Standing at the threshold of major change, I find myself perpetually engulfed in the heart-rending current of nostalgia. Why is it that forward motion often compels us to turn around and check the dust flying up in our wake?
If there is one granule of wisdom I wish to share with those still floundering in the paradoxical swiftness and sluggishness that constitutes what we know to be time, it is to understand this: the future is untouchable. It doesn’t exist unless you quit living in it.
Allow me to explain.
While I do believe there are certain inevitable fates we all chance upon, I don’t believe our futures are written lying down, and they are certainly not written without our present consent. All of those things you wish for, all of those “when I’m older’s” and “once I get out of school’s” and the wistful, quixotic “someday’s”– they’re all empty without a concrete aim right now. I want to write a book by the time I’m 25. Well, 7 years are going to go by whether I write the damn book or not. Time just keeps sliding by, constant as sunset, constant as dawn.
In other words, the present we live in now was once a very idealized future. Does it even remotely resemble your vision of it two weeks ago? Two months ago? Two years ago?
Perhaps the greatest struggle mankind faces is the race against time. We chase a future that is forever elusive, and we sprint from a past that frequently reminds us of our blunders and bygone sensations. Sometimes, we dawdle on the past, and time wastes not a moment to move on without us. Is there ever a second to catch a breath?

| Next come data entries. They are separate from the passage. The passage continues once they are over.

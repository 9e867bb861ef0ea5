-- ===== src/Media/Delivery.antt =====
-- From the encoder to the receiver: what comes out of the packets and the cipher is what went in.
use cast_mirror.Prelude.{
  ℕ, ◌+◌, ◌-◌, ◌*◌, ◌≤◌, true, false, ◌≡◌, refl, ap, ◌∙◌, List, some, length, arith,
}
use cast_mirror.Prelude.Int.{ℤ}
use cast_mirror.Rtp.{EncodedFrame, RtpPacket, RtpPacketizer, packetize_frame}
use cast_mirror.Rtp.Reassembly.{received, packetize_frame-received}
use cast_mirror.Crypto.{FrameCrypto, encrypt, decrypt, decrypt-encrypt, length-encrypt}
use cast_mirror.Media.{VideoPath, packets, protect, stamp_delay, send_encoded, process_video_frame}

module _ (stream : List ℕ → List ℕ → ℕ → ℕ) where
  protected_payload :
      (crypto : FrameCrypto) (delay : ℤ) (raw : EncodedFrame)
      → (protect stream crypto delay raw).payload
        ≡ encrypt stream true crypto raw.frame_id raw.payload
  unfolding protect stamp_delay
  protected_payload crypto delay raw = refl

  accepted :
      (v : VideoPath) (crypto : FrameCrypto) (raw : EncodedFrame)
      → v.is_streaming ≡ true
      → v.is_frozen ≡ false
      → v.crypto ≡ some crypto
      → process_video_frame stream v false (some raw) ≡ send_encoded stream v crypto raw
  unfolding process_video_frame
  accepted v crypto raw live thawed key = ground arith

  sent :
      (v : VideoPath) (crypto : FrameCrypto) (raw : EncodedFrame)
      (r : List RtpPacket × RtpPacketizer)
      → packetize_frame 65536 v.packetizer (protect stream crypto v.playout_delay_ms raw) ≡ some r
      → send_encoded stream v crypto raw ≡ packets r.0 r.1
  unfolding send_encoded
  sent v crypto raw r e = rw (send_encoded, e) refl

  -- A frame that the encoder makes of a picture reaches the receiver: where the session streams with
  -- a key, is not frozen and has not lost its source, and the frame fits 65535 packets, its packets go to
  -- the transport, and their payloads, joined in order and decrypted under the frame's id, are what
  -- the encoder made.
  pub video_frame_delivered :
      (v : VideoPath) (crypto : FrameCrypto) (raw : EncodedFrame)
      → v.is_streaming ≡ true
      → v.is_frozen ≡ false
      → v.crypto ≡ some crypto
      → 23 ≤ v.packetizer.max_packet_size
      → length raw.payload + 4 ≤ 65535 * (v.packetizer.max_packet_size - 19)
      → (ks : List RtpPacket) × (p : RtpPacketizer) × (process_video_frame stream v false (some raw)
          ≡ packets ks p)
        × (decrypt stream true crypto raw.frame_id (received ks) ≡ raw.payload)
  video_frame_delivered v crypto raw live thawed key room small =
      let f = protect stream crypto v.playout_delay_ms raw in
      let same = protected_payload crypto v.playout_delay_ms raw in
      let len : length f.payload ≡ length raw.payload =
        ap length same ∙ length-encrypt stream true crypto raw.frame_id raw.payload in
      let (r, e, whole) = packetize_frame-received v.packetizer f room (omega (arith, len)) in
      (
        r.0,
        r.1,
        accepted v crypto raw live thawed key ∙ sent v crypto raw r e,
        ap (decrypt stream true crypto raw.frame_id) (whole ∙ same)
            ∙ decrypt-encrypt stream crypto raw.frame_id raw.payload,
      )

To pause and reflect, to cease forward motion and look ahead without running to get there?
It’s not easy. Believe me, I’ve tried to outrun the present. It will pull you back by the collar if it must.
The thing about the present is this: we are allowed to reminisce on those funny or heartbreaking collections of moments we call the past. Additionally, we’re allowed to anticipate a whole new set of moments that will quickly become contemporary “presents,” or as we call it, the future. We are allowed to think think think about any other moment we choose. We can dwell and we can hope and we can ponder and we can aspire.

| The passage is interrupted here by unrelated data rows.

-- ===== src/Media/Timeline.antt =====
-- The stamps of the audio frames that are sent, whichever clock supplied them.
use cast_mirror.Prelude.{ℕ, Bool, ◌&&◌, if◌then◌else◌, ◌≡◌, List, [], ◌∷◌, Option, none, some}
use cast_mirror.Prelude.Int.{ℤ, pos, ◌+ℤ◌, ◌≤ℤ◌}
use cast_mirror.Rtp.{EncodedFrame}
use cast_mirror.Media.{
  steady_us, CapturedAudioFrame, AudioPath, AudioOutcome, Answers, frame_us, silence,
  process_audio_frame,
}

-- What a frame of `n` microseconds does to the last stamp.
Stepped : ℤ → ℕ → ℤ → Option EncodedFrame → Type 0
Stepped t n t' none = t' ≡ t
Stepped t n t' (some f) = (t' ≡ steady_us f.capture_time) × (t +ℤ pos n ≤ℤ steady_us f.capture_time)

abbrev StampedAt : ℤ → Option EncodedFrame → Type 0
StampedAt t none = Unit {0}
StampedAt t (some f) = f.capture_time ≡ t

-- What the threads call: a captured frame with the time of a silent one and its zeros, or the mute switch.
pub data Call : Type 0 where
  captured : CapturedAudioFrame → ℤ → List ℕ → Answers → Call
  mute : Bool → Call

abbrev frame_of : AudioPath → CapturedAudioFrame → ℤ → List ℕ → CapturedAudioFrame
frame_of a frame now zeros = if a.is_audio_muted && a.is_streaming then silence now zeros else frame

pub stamps_of : ℕ → Option EncodedFrame → List (ℤ × ℕ) → List (ℤ × ℕ)
stamps_of n none rest = rest
stamps_of n (some f) rest = (steady_us f.capture_time, n) ∷ rest

abbrev pub Advance : ℤ → List (ℤ × ℕ) → Type 0
Advance t [] = Unit {0}
Advance t ((u, n) ∷ rest) = (t +ℤ pos n ≤ℤ u) × Advance u rest

module _ (stream : List ℕ → List ℕ → ℕ → ℕ) where
  unfoldable pub stamps : AudioPath → List Call → List (ℤ × ℕ)
  stamps a [] = []
  stamps a (mute m ∷ calls) = stamps (record a { is_audio_muted = m }) calls
  stamps a (captured frame now zeros answers ∷ calls) =
      let r = process_audio_frame stream a frame now zeros answers in
      stamps_of (frame_us (frame_of a frame now zeros)) r.sent_frame (stamps r.path calls)

  abbrev OutcomeStepped : ℤ → ℕ → AudioOutcome → Type 0
  OutcomeStepped t n r = Stepped t n r.path.last_audio_emit_us r.sent_frame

But the reality of the present is that none of those moments exist anymore, and some never will. All we have control over right now is what’s happening right now.
And this moment is full of limitless possibilities.
As much as I would love to manage the future or alter the past, I have come to realize that my greatest mission is to embrace what is in my power to accomplish at the present time. On the precipice of so much change, so much loss and so much joy and so much knowledge, the best thing I can do is ride this tempestuous current of time and take charge of the here and now.